# Nefertiti tomb found



## nemesis (Jun 10, 2003)

I think you will like this brian http://news.bbc.co.uk/1/hi/world/middle_east/2978710.stm


----------



## Brian G Turner (Jun 11, 2003)

Yes! Absolutely superb news.  Saw this fleetingly on the cover of the Yorkshire Post in the shops yesterday, but forgot to look up their website.

The whole Nefertiti thing has been an interesting mystery for some time, and even still, this article still shows there's a way to go before there's any conclusive proof as to whether it really is Nefertiti's mummy or not.

For those who don;t know who Nefertiti was - she just happened to be the primary wife of Amenotep IV - more famously known as Akenaten (US = Akhenaton). This was a pharoah who dismissed the polytheism of thousands of years of Egytian mythology and try to instill Monotheism - the worship of a single divnity, upon the Egyptians. 

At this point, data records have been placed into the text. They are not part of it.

-- ===== src/Mono/Tests.antt =====
-- A match of two.
use puzzle_bubble.Prelude.{
  Bool-cases, inl, inr, sym, arith, str_eq, eq_iff, ℕ, ◌≡◌, refl, pos, true, false, none, some,
  List, [], ◌∷◌, length, ltb, String, lookup, insert, has,
}
use puzzle_bubble.Gameplay.State.{Status, playing, lose, PlayerState}
use puzzle_bubble.Mono.{
  Room, Server, started, is_started, resolve_room_outcome, finish, alive, losers, join,
}
use puzzle_bubble.Mono.Outcome.{WaitsAgain, IsAlive, resolve_room_outcome-winner}
use puzzle_bubble.Mono.Ends.{resolve_room_outcome-ends}

abbrev board_of : Status → PlayerState ℕ
board_of status = record {
  board = [];
  current_color = pos 0;
  next_color = pos 0;
  aim_angle = 0;
  moving = none;
  pending_shot = false;
  shot_seq = 0;
  shot_angle = 0;
  shot_color = pos 0;
  shot_at_ms = pos 0;
  score = 0;
  status = status;
  last_tick_ms = pos 0;
}

abbrev boards : List (String × PlayerState ℕ)
boards = ("ann", board_of playing) ∷ ("bob", board_of lose) ∷ []

abbrev room : Room
room = record {
  id = "r";
  name = "Room";
  owner_id = "ann";
  phase = started;
  winner_id = "";
  max_players = pos 2;
  players = ("ann", tt) ∷ ("bob", tt) ∷ [];
}

abbrev server : Server ℕ
server = record {
  rooms = ("r", room) ∷ [];
  player_room = ("ann", "r") ∷ ("bob", "r") ∷ [];
  game_states = ("r", boards) ∷ [];
  room_tickets = [];
  room_next_add = [];
}

-- Who joins a second room stays among the players of the first: the later entry is all that changes.
abbrev spare : Room
spare = record room { id = "q"; players = ("eve", tt) ∷ [] }

abbrev two_rooms : Server ℕ
two_rooms = record server { rooms = ("r", room) ∷ ("q", spare) ∷ [] }

ann_twice :
    (join two_rooms "ann" "q").0.rooms
    ≡ ("r", room) ∷ ("q", record spare { players = ("eve", tt) ∷ ("ann", tt) ∷ [] }) ∷ []
unfolding join lookup has insert
ann_twice = refl

resolve_room_outcome-winner_example :
    (r : Room) × (states : List (String × PlayerState ℕ)) × (lookup "r" server.rooms ≡ some r)
    × (lookup "r" server.game_states ≡ some states)
    × (is_started r.phase ≡ true)
    × (ltb (length r.players) 2 ≡ false)
    × IsAlive r.players states "ann"
    × ((p : String) → IsAlive r.players states p → p ≡ "ann")
    × (finish "ann" boards ≡ finish "ann" states)
    × WaitsAgain server (resolve_room_outcome server "r").0 "r" r "ann"
unfolding resolve_room_outcome lookup losers alive
resolve_room_outcome-winner_example =
    resolve_room_outcome-winner server "r" "ann" (finish "ann" boards) refl

only_ann : (p : String) → IsAlive room.players boards p → p ≡ "ann"
unfolding lookup has
only_ann p (h, st, e, lives) = elim (Bool-cases (str_eq "ann" p)) [
  | inl same ↦ sym ((eq_iff "ann" p).0 same)
  | inr other ↦ elim (Bool-cases (str_eq "bob" p)) [
    | inl same ↦
        let is_bob = (eq_iff "bob" p).0 same in
        let lost : board_of lose ≡ st = ground (arith, rw (← is_bob) at e) in
        absurd (ground (arith, rw (← lost) at lives))
    | inr neither ↦ absurd (ground (arith, h, other, neither))
  ]
]

resolve_room_outcome-ends_example :
    (resolve_room_outcome server "r").1 ≡ some ("ann", finish "ann" boards)
unfolding lookup has
resolve_room_outcome-ends_example =
    resolve_room_outcome-ends server "r" "ann" "bob" room boards refl refl refl refl
      (refl, (refl, tt)) (refl, board_of lose, refl, refl) (refl, board_of playing, refl, refl)
      only_ann
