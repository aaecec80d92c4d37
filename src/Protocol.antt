-- ===== src/Protocol.antt =====
-- internal/protocol/packet.go: the packets between client and gateway. A reader is the list of
-- the bytes that are still to come before the end of the stream; a byte is a number below 256.
pub mod Bytes
pub mod RoundTrip
mod Tests
use package.puzzle_bubble.Prelude.{
  ℕ, ◌+◌, ◌-◌, ◌*◌, ◌/◌, ◌%◌, ◌^◌, ltb, leb, ◌==◌, not, Bool, true, false, if◌then◌else◌, List, [],
  ◌∷◌, ◌++◌, length, take, drop, get_or,
}

-- `cmd` is a uint16 and `seq` a uint32.
pub record Packet : Type 0 where
  pub cmd : ℕ
  pub seq : ℕ
  pub payload : List ℕ

-- `eof` and `unexpected_eof` are those of io.ReadFull.
pub data Error : Type 0 where
  eof unexpected_eof bad_magic unsupported_version payload_too_large : Error

pub data Result (A : Type 0) : Type 0 where
  ok : A → Result A
  err : Error → Result A

abbrev pub header_size : ℕ
header_size = 14

-- 0xCAFE.
abbrev pub magic : ℕ
magic = 51966

abbrev pub version : ℕ
version = 1

-- `binary.BigEndian.PutUint16` and `PutUint32`.
pub put_uint16 : ℕ → List ℕ
put_uint16 n = (n / 256) % 256 ∷ n % 256 ∷ []

pub put_uint32 : ℕ → List ℕ
put_uint32 n = (n / 16777216) % 256 ∷ (n / 65536) % 256 ∷ (n / 256) % 256 ∷ n % 256 ∷ []

-- `binary.BigEndian.Uint16` and `Uint32` of the bytes from index `i` on.
pub uint16 : List ℕ → ℕ → ℕ
uint16 bs i = get_or bs i 0 * 256 + get_or bs (i + 1) 0

pub uint32 : List ℕ → ℕ → ℕ
uint32 bs i =
    get_or bs i 0 * 16777216
    + get_or bs (i + 1) 0 * 65536
    + get_or bs (i + 2) 0 * 256
    + get_or bs (i + 3) 0

-- `io.ReadFull` of `n` bytes: the bytes and the rest of the stream.
pub read_full : ℕ → List ℕ → Result (List ℕ × List ℕ)
read_full n bs =
    if leb n (length bs)
    then ok (take n bs, drop n bs)
    else if length bs == 0
    then err eof
    else err unexpected_eof

-- The packet, and the rest of the stream.
unfoldable pub read_packet : List ℕ → ℕ → Result (Packet × List ℕ)
read_packet r max_payload = elim (read_full header_size r) [
  | err e ↦ err e
  | ok (header, r') ↦
      if not (uint16 header 0 == magic)
      then err bad_magic
      else if not (get_or header 2 0 == version)
      then err unsupported_version
      else if ltb max_payload (uint32 header 10)
      then err payload_too_large
      else elim (read_full (uint32 header 10) r') [
        | err e ↦ err e
        | ok (payload, rest) ↦
            ok (record { cmd = uint16 header 4; seq = uint32 header 6; payload = payload }, rest)
      ]
]

-- The fourteen bytes before the payload; the fourth is reserved.
pub header_of : Packet → List ℕ
unfolding put_uint16 put_uint32
header_of p =
    put_uint16 magic
    ++ version ∷ 0 ∷ []
    ++ put_uint16 p.cmd
    ++ put_uint32 p.seq
    ++ put_uint32 (length p.payload)

-- The writer is a parameter: `write w bs` is the writer after the bytes were given to it, and
-- whether it took them. The result is the writer afterwards and whether all was written; an
-- error is that of the source or of the writer.
module _ {W : Type 0} (write : W → List ℕ → W × Bool) where
  pub data Written : Type 0 where
    done too_large failed : Written

  unfoldable pub write_packet : W → Packet → W × Written
  write_packet w p =
      if ltb (2 ^ 32 - 1) (length p.payload)
      then (w, too_large)
      else let (w₁, taken) = write w (header_of p) in
        if not taken
        then (w₁, failed)
        else if length p.payload == 0
        then (w₁, done)
        else let (w₂, taken₂) = write w₁ p.payload in if taken₂ then (w₂, done) else (w₂, failed)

Of course it was only partly successful - temporarily as well. As soon as he died - through whatever means - his record was chipped out from the momuments of Egypt to deny him any existence. But his capital city - El Amarna - which was abandoned not long after his death - has provided a massive background to this enigmatic Egyptian Pharaoh.

In theological terms it's expected that Akhenaten's policies would have had an important effect on the peripheral states, and it has long been conjectured that the Jews were very influenced by this Egyptian teaching.

Unfortunately, we're not quite sure in what Biblical period this may have been. It could have been during the reign of Moses, or even in the reign of Solomon. It entirely depends upon the path of Biblical Arhcaeology being followed. 

I actually sympathise greatly with David Rohl's chronology, not least because he does illustraet some silly errors in the traditional Egyptian chronology, which apparently has changed very little over the past couple of years.

There's a tentative connection through one of the Psalms - you can get more information here:

Akhenaten and the Hymn to the Aten

Oh - and one last thing - as a superb historical twist, the memory of Ancient History's greatest Heretic was especially preserved through the finding of the tomb of his first son - which happens to have been the most famously complete Pharonic tomb ever excavated. Yup, you guessed it - Akhenaten was the dad of Tutankamun.


----------



## scifimoth (Aug 17, 2003)

I am actually planning on watching something on Discovery tonight that is about Nefertiti....I let you know how it was tomorrow.


----------



## dwndrgn (Aug 18, 2003)

Shucks I missed that show, I wanted to see it - I am sure they will repeat it at sometime.  I'll have to check out their website to see.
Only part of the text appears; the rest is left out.